Pull every line holding the word "where" out of the data and copy it.

*** Opening EXCERPTED DATA ***

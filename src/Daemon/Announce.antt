-- ===== src/Daemon/Announce.antt =====
-- The announce loop of crates/app/src/swarm_node.rs.
use intelnav.Base.{
  ℕ, String, ◌≡◌, refl, Bool, true, false, not, ◌&&◌, Option, none, some, List, [], ◌∷◌, ◌++◌,
  arith, if◌then◌else◌,
}
use intelnav.Base.Table.{Unique, contains, find, string_eq, range_eq}
use intelnav.Control.{
  SliceStatus, draining, stopped, SliceKey, SliceEntry, slice_key_eq, key_eq_iff, ControlState,
  is_status, is_idle, is_announcing, drain_idle,
}
use intelnav.Control.Entries.{entry_of, entry-upsert, entry-drain_idle, contains-drain_idle}
use text.Mathlib.TextEquality.{eq_iff}
use intelnav.Daemon.{
  KeptRanges, Disk, scan_kept_ranges, state_status, announce_range, announce_ranges, announce_all,
  announce_tick, persist_drained_slices, disable_all,
}
use intelnav.Daemon.Sidecars.{
  listed, offers, IsFiled, scan-lists_iff, offers-disable_all, disable_all-keeps,
}

-- The announce loop never takes a slice out of the announcing state.
range-keeps :
    (s : ControlState) (k j : SliceKey) (name : String)
    → is_announcing s j ≡ true
    → is_announcing (announce_range s k name).0 j ≡ true
unfolding announce_range is_announcing state_status
range-keeps s k j name h = ground (arith, entry-upsert s k j name, key_eq_iff k j)

ranges-keep :
    (s : ControlState) (cid name : String) (rs : List (ℕ × ℕ)) (j : SliceKey)
    → is_announcing s j ≡ true
    → is_announcing (announce_ranges s cid name rs).0 j ≡ true
unfolding announce_ranges
ranges-keep s cid name [] j h = h
ranges-keep s cid name ((a, b) ∷ rs) j h =
    ranges-keep (announce_range s (cid, a, b) name).0 cid name rs j
      (range-keeps s (cid, a, b) j name h)

all-keep :
    (s : ControlState) (ks : List KeptRanges) (j : SliceKey)
    → is_announcing s j ≡ true
    → is_announcing (announce_all s ks).0 j ≡ true
unfolding announce_all
all-keep s [] j h = h
all-keep s (k ∷ ks) j h =
    all-keep (announce_ranges s k.model_cid k.display_name k.kept).0 ks j
      (ranges-keep s k.model_cid k.display_name k.kept j h)

range-announces :
    (s : ControlState) (k : SliceKey) (name : String)
    → (announce_range s k name).1 ≡ true
    → is_announcing (announce_range s k name).0 k ≡ true
unfolding announce_range is_announcing state_status
range-announces s k name h = ground (arith, entry-upsert s k k name, key_eq_iff k k)

abbrev pub is_draining : Option SliceStatus → Bool
is_draining none = false
is_draining (some st) = is_status st draining

range-draining :
    (s : ControlState) (k j : SliceKey) (name : String)
    → (is_draining (state_status (announce_range s k name).0 j) ≡ is_draining (state_status s j))
      × ((announce_range s k name).1 ≡ not (is_draining (state_status s k)))
unfolding announce_range is_announcing state_status
range-draining s k j name = (ground (arith, entry-upsert s k j name, key_eq_iff k j), ground arith)

contains-append :
    (k : SliceKey) (xs ys : List SliceKey)
    → contains k (xs ++ ys) ≡ (if contains k xs then true else contains k ys)
unfolding contains
contains-append k [] ys = refl
contains-append k (x ∷ xs) ys = ground (arith, contains-append k xs ys)

-- A range of a list that is not draining is published, and announcing after; what is published is of
-- the list.
ranges-publish :
    (s : ControlState) (cid name : String) (rs : List (ℕ × ℕ)) (j : SliceKey)
    → (is_draining (state_status (announce_ranges s cid name rs).0 j)
        ≡ is_draining (state_status s j))
      × (contains j (announce_ranges s cid name rs).1 ≡ (
          string_eq.beq cid j.0
          && (contains (j.1, j.2) rs && not (is_draining (state_status s j)))))
unfolding announce_ranges announce_range contains state_status
ranges-publish s cid name [] j = ground arith
ranges-publish s cid name ((a, b) ∷ rs) j = ground (
  arith,
  ranges-publish (announce_range s (cid, a, b) name).0 cid name rs j,
  range-draining s (cid, a, b) j name,
  key_eq_iff (cid, a, b) j,
  eq_iff cid j.0,
)

ranges-announce :
    (s : ControlState) (cid name : String) (rs : List (ℕ × ℕ)) (j : SliceKey)
    → contains j (announce_ranges s cid name rs).1 ≡ true
    → is_announcing (announce_ranges s cid name rs).0 j ≡ true
unfolding announce_ranges contains
ranges-announce s cid name [] j h = cc
ranges-announce s cid name ((a, b) ∷ rs) j h = ground (
  arith,
  key_eq_iff (cid, a, b) j,
  range-announces s (cid, a, b) name,
  ranges-announce (announce_range s (cid, a, b) name).0 cid name rs j,
  ranges-keep (announce_range s (cid, a, b) name).0 cid name rs j,
)

all-announce :
    (s : ControlState) (ks : List KeptRanges) (j : SliceKey)
    → contains j (announce_all s ks).1 ≡ true
    → is_announcing (announce_all s ks).0 j ≡ true
unfolding announce_all contains
all-announce s [] j h = cc
all-announce s (k ∷ ks) j h =
    let s' = (announce_ranges s k.model_cid k.display_name k.kept).0 in
    ground (
      arith,
      contains-append j (announce_ranges s k.model_cid k.display_name k.kept).1
          (announce_all s' ks).1,
      ranges-announce s k.model_cid k.display_name k.kept j,
      all-announce s' ks j,
      all-keep s' ks j,
    )

-- What is published is what is listed, but for the draining slices.
all-publish :
    (s : ControlState) (ks : List KeptRanges) (j : SliceKey)
    → contains j (announce_all s ks).1 ≡ (listed j ks && not (is_draining (state_status s j)))
unfolding announce_all contains listed
all-publish s [] j = refl
all-publish s (k ∷ ks) j =
    let s' = (announce_ranges s k.model_cid k.display_name k.kept).0 in
    ground (
      arith,
      contains-append j (announce_ranges s k.model_cid k.display_name k.kept).1
          (announce_all s' ks).1,
      ranges-publish s k.model_cid k.display_name k.kept j,
      all-publish s' ks j,
    )

-- On a table with each slice once: `persist_drained_slices` withdraws the offer of a slice's directory
-- if that slice is draining with no chain attached, and of no other slice; such a slice is stopped
-- then, and the state of every other slice stays. A slice that was stopped before keeps its offer.
pub persist_drained_slices-withdraws :
    (s : ControlState) (disk : Disk) (j : SliceKey)
    → Unique s.slices
    → let (s', disk') = persist_drained_slices s disk in
      let idle : Bool = elim (entry_of s j) [ none ↦ false | some e ↦ is_idle e ] in
      (offers j (find j.0 disk') ≡ (offers j (find j.0 disk) && not idle))
      × (state_status s' j ≡ (if idle then some stopped else state_status s j))
unfolding persist_drained_slices state_status
persist_drained_slices-withdraws s disk j u = (
  ground (arith, offers-disable_all (drain_idle s).1 j disk, contains-drain_idle s j u),
  ground (arith, entry-drain_idle s j),
)

module _ (s : ControlState) (disk : Disk) (filed_ : IsFiled disk) (dirs : Unique disk)
    (u : Unique s.slices) (j : SliceKey) where
  -- On a disk whose sidecars name their own directories, with no two directories of one name and no
  -- two entries of one slice in the table: a tick of the announce loop publishes exactly the slices
  -- whose directory keeps them undisabled and whose state is not draining, and what is published is
  -- announcing after the tick.
  pub announce_exact :
      (contains j (announce_tick s disk).2
        ≡ (offers j (find j.0 disk) && not (is_draining (state_status s j))))
      × (contains j (announce_tick s disk).2 ≡ true
          → is_announcing (announce_tick s disk).0 j ≡ true)
  unfolding announce_tick persist_drained_slices state_status
  announce_exact = (
    ground (
      arith,
      all-publish s' ks j,
      scan-lists_iff j disk' Filed' dirs',
      offers-disable_all (drain_idle s).1 j disk,
      contains-drain_idle s j u,
      entry-drain_idle s j,
    ),
    all-announce s' ks j,
  )
    where
      s' : ControlState
      s' = (drain_idle s).0

      disk' : Disk
      disk' = disable_all (drain_idle s).1 disk

      ks : List KeptRanges
      ks = scan_kept_ranges disk'

      Filed' : IsFiled disk'
      Filed' = (disable_all-keeps (drain_idle s).1 disk filed_ dirs).0

      dirs' : Unique disk'
      dirs' = (disable_all-keeps (drain_idle s).1 disk filed_ dirs).1

  -- On a disk whose sidecars name their own directories, each named once, and with each slice once
  -- in the table: a stopped slice that its directory still offers is published by the next tick,
  -- and is announcing after it.
  pub stopped_comes_back :
      (e : SliceEntry)
      → entry_of s j ≡ some e
      → e.state ≡ stopped
      → offers j (find j.0 disk) ≡ true
      → (contains j (announce_tick s disk).2 ≡ true)
        × (is_announcing (announce_tick s disk).0 j ≡ true)
  unfolding state_status
  stopped_comes_back e found st kept = ground (arith, announce_exact)

  -- On a disk whose sidecars name their own directories, each named once, and with each slice once
  -- in the table: for a draining slice with no chain attached, the next tick withdraws the offer of
  -- its directory and does not publish it.
  idle_leave_persists :
      (e : SliceEntry)
      → entry_of s j ≡ some e
      → is_idle e ≡ true
      → (contains j (announce_tick s disk).2 ≡ false)
        × (offers j (find j.0 (announce_tick s disk).1) ≡ false)
  unfolding state_status announce_tick persist_drained_slices
  idle_leave_persists e found idle = (
    ground (arith, announce_exact),
    ground (arith, offers-disable_all (drain_idle s).1 j disk, contains-drain_idle s j u),
  )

*** Closing EXCERPTED DATA ***

## RESPONSE AREA
    (u : Unique s.slices) (j : SliceKey) where
    where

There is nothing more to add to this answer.